跳到主要內容

Comparative Prosody Modelling across Languages

項目計劃:
優配研究金
項目年份:
2021/2022
項目負責人:
李烱樂博士
(語言學及現代語言系)
Comparative Prosody Modelling across Languages

Two problems have remained unresolved in speech prosody research. The first one is that there are numerous rival theories that have coexisted for decades -- supporters for one do not necessarily understand the others well. 

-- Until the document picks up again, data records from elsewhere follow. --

-- ===== src/Julia/Extract/Token.antt =====
-- The next marker token of a text that is known in pieces (`find_next_marker_token` of
-- src/julia_wrap.cpp).
use jjmcp.Base.{
  ℕ, ◌≤◌, ◌<◌, ◌≡◌, ◌≢◌, refl, inl, inr, false, ◌++◌, Option, none, some, length, ◌⊎◌, arith,
  Option-cases,
}
use jjmcp.Text.{Bytes, starts_with, find_first}
use jjmcp.Text.Find.{
  NotWithin, find_first_later, find_first-append_some, find_first-append_none, find_first_behind,
}
use jjmcp.Julia.Marker.{Marker, make_marker}
use jjmcp.Julia.Extract.{Kind, FoundMarkerToken, consider, find_next_marker_token}

abbrev pub token_text : Marker → Kind → Bytes
token_text m Kind.end = m.end
token_text m Kind.error = m.error
token_text m Kind.out_end = m.out_end
token_text m Kind.val_end = m.val_end
token_text m Kind.backtrace = m.bt

abbrev IsPast : ℕ → Option ℕ → Type 0
IsPast p none = Unit
IsPast p (some i) = p < i

abbrev IsBeaten : ℕ → Option FoundMarkerToken → Type 0
IsBeaten p none = Unit
IsBeaten p (some t) = p < t.pos

consider-IsBeaten :
    (rest text : Bytes) (k : Kind) (p : ℕ) (best : Option FoundMarkerToken)
    → IsPast p (find_first text rest)
    → IsBeaten p best
    → IsBeaten p (consider rest text k best)
unfolding consider
consider-IsBeaten rest text k p none past beaten = elim (Option-cases (find_first text rest)) [
  | inl e ↦ ground arith
  | inr (i, e) ↦ ground arith
]
consider-IsBeaten rest text k p (some t) past beaten = elim (Option-cases (find_first text rest)) [
  | inl e ↦ ground arith
  | inr (i, e) ↦ ground arith
]

consider_wins :
    (rest text : Bytes) (k : Kind) (p : ℕ) (best : Option FoundMarkerToken)
    → find_first text rest ≡ some p
    → IsBeaten p best
    → consider rest text k best ≡ some (record { pos = p; marker = text; kind = k })
unfolding consider
consider_wins rest text k p none e beaten = ground arith
consider_wins rest text k p (some t) e beaten = ground arith

consider_keeps :
    (rest text : Bytes) (k : Kind) (best : FoundMarkerToken)
    → IsPast best.pos (find_first text rest)
    → consider rest text k (some best) ≡ some best
unfolding consider
consider_keeps rest text k best past = elim (Option-cases (find_first text rest)) [
  | inl e ↦ ground arith
  | inr (i, e) ↦ ground arith
]

-- A marker that neither starts in the segment nor at its end is found past it, if at all.
find_first-IsPast :
    (pat seg rest : Bytes)
    → NotWithin pat seg rest
    → starts_with pat rest ≡ false
    → IsPast (length seg) (find_first pat (seg ++ rest))
find_first-IsPast pat seg rest quiet h = elim (Option-cases (find_first pat rest)) [
  | inl e ↦ rw (find_first-append_none pat seg rest quiet e) tt
  | inr (i, e) ↦
      rw (find_first-append_some pat seg rest i quiet e)
        (let l : 1 ≤ i = find_first_later pat rest i h e in omega arith)
]

-- No marker of the evaluation starts inside the segment.
abbrev pub IsQuiet : Marker → Bytes → Bytes → Type 0
IsQuiet m seg rest =
    NotWithin m.end seg rest
    × NotWithin m.error seg rest
    × NotWithin m.out_end seg rest
    × NotWithin m.val_end seg rest
    × NotWithin m.bt seg rest

token_differs :
    (id rest : Bytes) (j k : Kind)
    → (j ≡ k)
      ⊎ (starts_with (token_text (make_marker id) j) (token_text (make_marker id) k ++ rest)
          ≡ false)
unfolding make_marker starts_with
token_differs id rest Kind.end Kind.end = inl refl
token_differs id rest Kind.error Kind.error = inl refl
token_differs id rest Kind.out_end Kind.out_end = inl refl
token_differs id rest Kind.val_end Kind.val_end = inl refl
token_differs id rest Kind.backtrace Kind.backtrace = inl refl
token_differs id rest _ _ = inr refl

module _ (id seg : Bytes) (k : Kind) (rest : Bytes) where
  abbrev m : Marker
  m = make_marker id

  abbrev behind : Bytes
  behind = token_text (make_marker id) k ++ rest

  -- A marker of another kind is found past the end of the segment, if at all.
  rival :
      (j : Kind)
      → j ≢ k
      → NotWithin (token_text m j) seg behind
      → IsPast (length seg) (find_first (token_text m j) (seg ++ behind))
  rival j ne quiet = elim (token_differs id rest j k) [
    | inl e ↦ absurd (ne e)
    | inr differs ↦ find_first-IsPast (token_text m j) seg behind quiet differs
  ]

abbrev pub found : Bytes → Bytes → Kind → FoundMarkerToken
found id seg k = record { pos = length seg; marker = token_text (make_marker id) k; kind = k }

-- The next token behind a quiet segment is the marker that stands there.
pub find_next_marker_token_lem :
    (id seg : Bytes) (k : Kind) (rest : Bytes)
    → IsQuiet (make_marker id) seg (token_text (make_marker id) k ++ rest)
    → find_next_marker_token (seg ++ (token_text (make_marker id) k ++ rest)) (make_marker id)
      ≡ some (found id seg k)
unfolding find_next_marker_token
find_next_marker_token_lem id seg Kind.end rest (q_end, q_error, q_out, q_val, q_bt) =
    let mk = make_marker id in
    let t = seg ++ (mk.end ++ rest) in
    let past = rival id seg Kind.end rest in
    rw (
      consider_wins t mk.end Kind.end (length seg) none (find_first_behind mk.end seg rest q_end)
          tt,
      consider_keeps t mk.error Kind.error (found id seg Kind.end) (past Kind.error (cc) q_error),
      consider_keeps t mk.out_end Kind.out_end (found id seg Kind.end)
          (past Kind.out_end (cc) q_out),
      consider_keeps t mk.val_end Kind.val_end (found id seg Kind.end)
          (past Kind.val_end (cc) q_val),
      consider_keeps t mk.bt Kind.backtrace (found id seg Kind.end) (past Kind.backtrace (cc) q_bt),
    )
find_next_marker_token_lem id seg Kind.error rest (q_end, q_error, q_out, q_val, q_bt) =
    let mk = make_marker id in
    let t = seg ++ (mk.error ++ rest) in
    let past = rival id seg Kind.error rest in
    let c0 : Option FoundMarkerToken = consider t mk.end Kind.end none in
    let b0 : IsBeaten (length seg) c0 =
      consider-IsBeaten t mk.end Kind.end (length seg) none (past Kind.end (cc) q_end) tt in
    rw (
      consider_wins t mk.error Kind.error (length seg) c0
          (find_first_behind mk.error seg rest q_error) b0,
      consider_keeps t mk.out_end Kind.out_end (found id seg Kind.error)
          (past Kind.out_end (cc) q_out),
      consider_keeps t mk.val_end Kind.val_end (found id seg Kind.error)
          (past Kind.val_end (cc) q_val),
      consider_keeps t mk.bt Kind.backtrace (found id seg Kind.error)
          (past Kind.backtrace (cc) q_bt),
    )
find_next_marker_token_lem id seg Kind.out_end rest (q_end, q_error, q_out, q_val, q_bt) =
    let mk = make_marker id in
    let t = seg ++ (mk.out_end ++ rest) in
    let past = rival id seg Kind.out_end rest in
    let c0 : Option FoundMarkerToken = consider t mk.end Kind.end none in
    let b0 : IsBeaten (length seg) c0 =
      consider-IsBeaten t mk.end Kind.end (length seg) none (past Kind.end (cc) q_end) tt in
    let c1 : Option FoundMarkerToken = consider t mk.error Kind.error c0 in
    let b1 : IsBeaten (length seg) c1 =
      consider-IsBeaten t mk.error Kind.error (length seg) c0 (past Kind.error (cc) q_error) b0 in
    rw (
      consider_wins t mk.out_end Kind.out_end (length seg) c1
          (find_first_behind mk.out_end seg rest q_out) b1,
      consider_keeps t mk.val_end Kind.val_end (found id seg Kind.out_end)
          (past Kind.val_end (cc) q_val),
      consider_keeps t mk.bt Kind.backtrace (found id seg Kind.out_end)
          (past Kind.backtrace (cc) q_bt),
    )
find_next_marker_token_lem id seg Kind.val_end rest (q_end, q_error, q_out, q_val, q_bt) =
    let mk = make_marker id in
    let t = seg ++ (mk.val_end ++ rest) in
    let past = rival id seg Kind.val_end rest in
    let c0 : Option FoundMarkerToken = consider t mk.end Kind.end none in
    let b0 : IsBeaten (length seg) c0 =
      consider-IsBeaten t mk.end Kind.end (length seg) none (past Kind.end (cc) q_end) tt in
    let c1 : Option FoundMarkerToken = consider t mk.error Kind.error c0 in
    let b1 : IsBeaten (length seg) c1 =
      consider-IsBeaten t mk.error Kind.error (length seg) c0 (past Kind.error (cc) q_error) b0 in
    let c2 : Option FoundMarkerToken = consider t mk.out_end Kind.out_end c1 in
    let b2 : IsBeaten (length seg) c2 =
      consider-IsBeaten t mk.out_end Kind.out_end (length seg) c1 (past Kind.out_end (cc) q_out)
        b1 in
    rw (
      consider_wins t mk.val_end Kind.val_end (length seg) c2
          (find_first_behind mk.val_end seg rest q_val) b2,
      consider_keeps t mk.bt Kind.backtrace (found id seg Kind.val_end)
          (past Kind.backtrace (cc) q_bt),
    )
find_next_marker_token_lem id seg Kind.backtrace rest (q_end, q_error, q_out, q_val, q_bt) =
    let mk = make_marker id in
    let t = seg ++ (mk.bt ++ rest) in
    let past = rival id seg Kind.backtrace rest in
    let c0 : Option FoundMarkerToken = consider t mk.end Kind.end none in
    let b0 : IsBeaten (length seg) c0 =
      consider-IsBeaten t mk.end Kind.end (length seg) none (past Kind.end (cc) q_end) tt in
    let c1 : Option FoundMarkerToken = consider t mk.error Kind.error c0 in
    let b1 : IsBeaten (length seg) c1 =
      consider-IsBeaten t mk.error Kind.error (length seg) c0 (past Kind.error (cc) q_error) b0 in
    let c2 : Option FoundMarkerToken = consider t mk.out_end Kind.out_end c1 in
    let b2 : IsBeaten (length seg) c2 =
      consider-IsBeaten t mk.out_end Kind.out_end (length seg) c1 (past Kind.out_end (cc) q_out)
        b1 in
    let c3 : Option FoundMarkerToken = consider t mk.val_end Kind.val_end c2 in
    let b3 : IsBeaten (length seg) c3 =
      consider-IsBeaten t mk.val_end Kind.val_end (length seg) c2 (past Kind.val_end (cc) q_val)
        b2 in
    consider_wins t mk.bt Kind.backtrace (length seg) c3 (find_first_behind mk.bt seg rest q_bt) b3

The second one is that in the absence of a universally accepted framework, field linguists working with a new language could propose prosodic analyses not otherwise satisfactory to fellow researchers, in part also due to field-related practical challenges compared with lab settings. Computational modelling can be a useful tool for addressing these problems.

 

This project seeks to promote computational modeling of fundamental frequency as a tool for (i) theory comparison and (ii) hypothesis testing and analysis *for field linguists*. Here we specifically target linguists without background in computer science or statistics.

 

In the first part of this project, we will compare two currently prevailing rival theories of speech prosody, namely the Autosegmental-Metrical Theory and the Parallel Encoding and Target Approximation Model, in terms of their respective synthesis accuracy. The two theories will be implemented using the PRAAT-based synthesisers AMtrainer, qTAtrainer and PENTAtrainer, and compared through identical sets of speech data of varying lengths, communicative functions (sentence types and focus), and languages (Cantonese and Fijian). Their relative performance in these conditions will illuminate the differences in theoretical assumptions and workings between the two models. The resultant synthetic stimuli will be verified by native listeners in perception experiments. The findings will lead to a better understanding of both AM and PENTA, enabling less experienced researchers to choose their preferred model based on their needs. As the first systematic study of Fijian prosody, this project will also provide precious first-hand data of this lesser-studied language.

 

The second part involves refining PENTAtrainer for enhanced synthesis accuracy. Although it has already achieved excellent accuracy (Pearson’s r > .9) in numerous previous studies, several known sources of remaining errors (i.e. pre-low raising and time-delay) await to be addressed. By incorporating these factors into PENTAtrainer, we can take its accuracy to an even higher level, opening up new research and practical possibilities.


The final part is a knowledge transfer project in which we seek to promote the use of PENTAtrainer among field linguists. We will create training materials (tutorial manual, website, and videos) targeting linguists in the field using materials yielded from the above. We hope this will pave the way for analysis-by-synthesis to become the next standard tool in language documentation.